Гремит гром. Так же гремел он в прошлом году, и так же молния жалила до крови небо. Дед был дома один. Почему разорвалось сердце? Испугался грозы? Или умер в обиде на меня — затосковав, поняв, что я ушёл совсем?
Сейчас молния пронзит меня и сожжёт, ударит в землю, и земля разверзнется, поглотит мой пепел. И никто не узнает, о чём я думал в свою последнюю минуту.
Я убил человека. Равнодушием, холодом.
Скачет мячиком сердце, и я не могу успокоить его.
Как внезапно гроза обрушилась, так внезапно солнце вырвалось из-за туч, расплескало остатки ливня — уже благостным, светящимся душем и подожгло капли. Снова вспыхнула поляна лютиков, теперь каплями и радужками лепестков. Будь я в нормальном состоянии, замер бы перед ней. И, будь я язычником, расценил бы этот миг щедрым началом моей жизни: эта красота подарена мне свыше, и я — хозяин её, я — над зверями, и травами, и деревьями, потому что осознаю их совершенство и богатство. Но в тот момент я не поверил жизни. Сердце продолжало скакать и бить меня: «Ты — убийца! Ты спасся ненадолго. Тебе — искупать вину. Ты предал человека!» Ничего такого я не говорил себе, кто-то бил меня словами: «Убийца, предатель».
Яркая лампочка среди черноты вспыхнула в мозгу — Тоша. Из-за неё я бросил дедушку.
Тоша и дедушка. Я выбрал. И Тоша должна спасти меня. Но, как ни странно, я не вскочил и не побежал скорее к ней: еле поднялся и буквально волоком потянул себя из леса. Бесконечно долго я добирался до неё.
Дверь распахнулась почти сразу — точно Тоша ждала кого-то и стояла у двери.
— Ты?! Зачем?! — воскликнула она и рукой, инстинктивно, толкнула дверь, чтобы захлопнуть. Не захлопнула, но и не пригласила войти. Стояла на пороге, загораживая вход. — Ты промок. Нужно идти домой. Простудишься.
Она говорит то, что я знаю без неё, и чувствую: ей всё равно, промок я или нет, заболею или нет, ей не до меня, ей нужно, чтобы я ушёл.
— Я хочу, чтобы ты ушёл, — подтверждает она то, что я и без неё знаю. — Я не хочу, чтобы ты приходил сюда, — говорит она жёстко. — Ты всё выдумал. Ты должен строить свою жизнь.

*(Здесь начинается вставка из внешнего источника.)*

-- ===== src/Broker/Pairing.antt =====
-- Pairing of agents: src/auth-broker/app/domain/pairing.py and the pairing methods of
-- src/auth-broker/app/adapters/sqlite.py. Random ids and challenges are arguments; the digest and
-- the signature scheme are parameters.
pub mod Agents
pub mod Calls
pub mod Audit
pub mod Logged
pub mod Proved
pub mod Status
pub mod Revoked
pub mod Nonces
use mathai_ai_swarm_memory.Common.{
  ℕ, ◌+◌, Bool, true, false, not, ◌&&◌, ◌∷◌, ◌++◌, [], Option, none, some, find, any, update_where,
  String, str_eq, Codes, Result, ok, err, guard, ◌>>=◌, ◌>>◌, List,
}
use mathai_ai_swarm_memory.Broker.Store.{
  Datetime, is_before, aware, Error, value_error, integrity_error, invalid_pairing_state,
  invalid_pairing_proof, pairing_expired, PairingStatus, pending, proof_verified, approved,
  PairingRow, PairingEvent, request_created, proof_accepted, AuditRow, Store, Outcome, committed,
}

-- `hashlib.sha256(...).hexdigest()` and the Ed25519 keys of the `cryptography` package: whether a
-- text encodes a public key, and whether a signature of a message verifies under it.
pub record Crypto : Type 0 where
  pub digest : Codes → String
  pub is_public_key : String → Bool
  pub verifies : String → Codes → Codes → Bool

pub record PairingRequest : Type 0 where
  pub id : String
  pub public_key : String
  pub challenge : Codes
  pub created_at : Datetime
  pub expires_at : Datetime
  pub status : PairingStatus

-- Ten minutes in microseconds.
abbrev pub request_lifetime : ℕ
request_lifetime = 600000000

abbrev pub is_pending : PairingStatus → Bool
is_pending pending = true
is_pending _ = false

abbrev pub is_verified : PairingStatus → Bool
is_verified proof_verified = true
is_verified _ = false

abbrev pub is_approved : PairingStatus → Bool
is_approved approved = true
is_approved _ = false

abbrev pub is_request : String → PairingRow → Bool
is_request request_id r = str_eq r.id request_id

abbrev pub with_status : PairingStatus → PairingRow → PairingRow
with_status status r = record r { status = status }

-- `_audit`
abbrev pub audit : PairingEvent → Datetime → String → Option String → Store → Store
audit event at request_id agent_id st = record st {
  audit_events =
      st.audit_events
      ++ record {
        event_type = event;
        occurred_at = at;
        request_id = request_id;
        agent_id = agent_id;
      }
        ∷ [];
}

-- `_request`
unfoldable pub request_row : String → Datetime → Store → Result Error PairingRow
request_row request_id at st = do
  aware at
  elim (find (is_request request_id) st.pairing_requests) [
    | none ↦ err invalid_pairing_state
    | some row ↦ do
      guard (not (is_before at row.created_at)) value_error
      guard (is_before at row.expires_at) pairing_expired
      ok row
  ]

-- `UPDATE pairing_requests SET status = ? WHERE id = ?`
abbrev pub set_status : String → PairingStatus → Store → Store
set_status request_id status st = record st {
  pairing_requests = update_where (is_request request_id) (with_status status) st.pairing_requests;
}

module _ (crypto : Crypto) where
  -- `create_request`
  unfoldable pub create_request : String → Datetime → String → Codes → Result Error PairingRequest
  create_request public_key now id challenge = do
    aware now
    guard (crypto.is_public_key public_key) value_error
    ok (record {
      id = id;
      public_key = public_key;
      challenge = challenge;
      created_at = now;
      expires_at = record now { instant = now.instant + request_lifetime };
      status = pending;
    })

  -- `verify_proof` of the domain: the request with its new state.
  unfoldable pub verify_request : PairingRequest → Codes → Datetime → Result Error PairingRequest
  verify_request request signature now = do
    aware now
    guard (not (is_before now request.created_at)) value_error
    guard (is_before now request.expires_at) pairing_expired
    guard (is_pending request.status) invalid_pairing_state
    guard
        (crypto.is_public_key request.public_key
          && crypto.verifies request.public_key signature request.challenge)
        invalid_pairing_proof
    ok (record request { status = proof_verified })

  -- `create`
  unfoldable pub create_tx : PairingRequest → Store → Result Error (Unit {0} × Store)
  create_tx request st = do
    guard (is_pending request.status) invalid_pairing_state
    aware request.created_at
    aware request.expires_at
    elim (find (is_request request.id) st.pairing_requests) [
      | some row ↦ err integrity_error
      | none ↦ ok (
        tt,
        audit request_created request.created_at request.id none (record st {
          pairing_requests =
              st.pairing_requests
              ++ record {
                id = request.id;
                public_key = request.public_key;
                challenge_hash = crypto.digest request.challenge;
                created_at = request.created_at;
                expires_at = request.expires_at;
                status = pending;
              }
                ∷ [];
        }),
      )
    ]

  unfoldable pub create : PairingRequest → Store → Outcome (Unit {0})
  create request st = committed st (create_tx request st)

  -- `verify_proof` of the store.
  unfoldable pub verify_tx :
      String → Codes → Codes → Datetime → Store → Result Error (Unit {0} × Store)
  verify_tx request_id challenge signature now st = do
    row ← request_row request_id now st
    guard (is_pending row.status) invalid_pairing_state
    guard (str_eq (crypto.digest challenge) row.challenge_hash) invalid_pairing_proof
    request ←
        verify_request
          (record {
            id = row.id;
            public_key = row.public_key;
            challenge = challenge;
            created_at = row.created_at;
            expires_at = row.expires_at;
            status = row.status;
          })
          signature now
    ok (tt, audit proof_accepted now request_id none (set_status request_id proof_verified st))

  unfoldable pub verify_proof : String → Codes → Codes → Datetime → Store → Outcome (Unit {0})
  verify_proof request_id challenge signature now st =
      committed st (verify_tx request_id challenge signature now st)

Новым зрением, отстранённо вижу её.
Совсем не такая, какая в школе. Серое платье обтягивает её, волосы распущены. Дело не в платье, не в волосах, у неё такие глаза, какие были у дедушки в нашу последнюю встречу.
Она говорила: любит мужа. Муж ушёл. Если она любит, зачем отпустила его?!
Она ждала мужа. А пришёл я.
Но, странно, понимая это, я не ухожу. Жадно, бесцеремонно разглядываю её. Без улыбки лицо тускло, черны подглазья, углы большого рта скорбно опущены.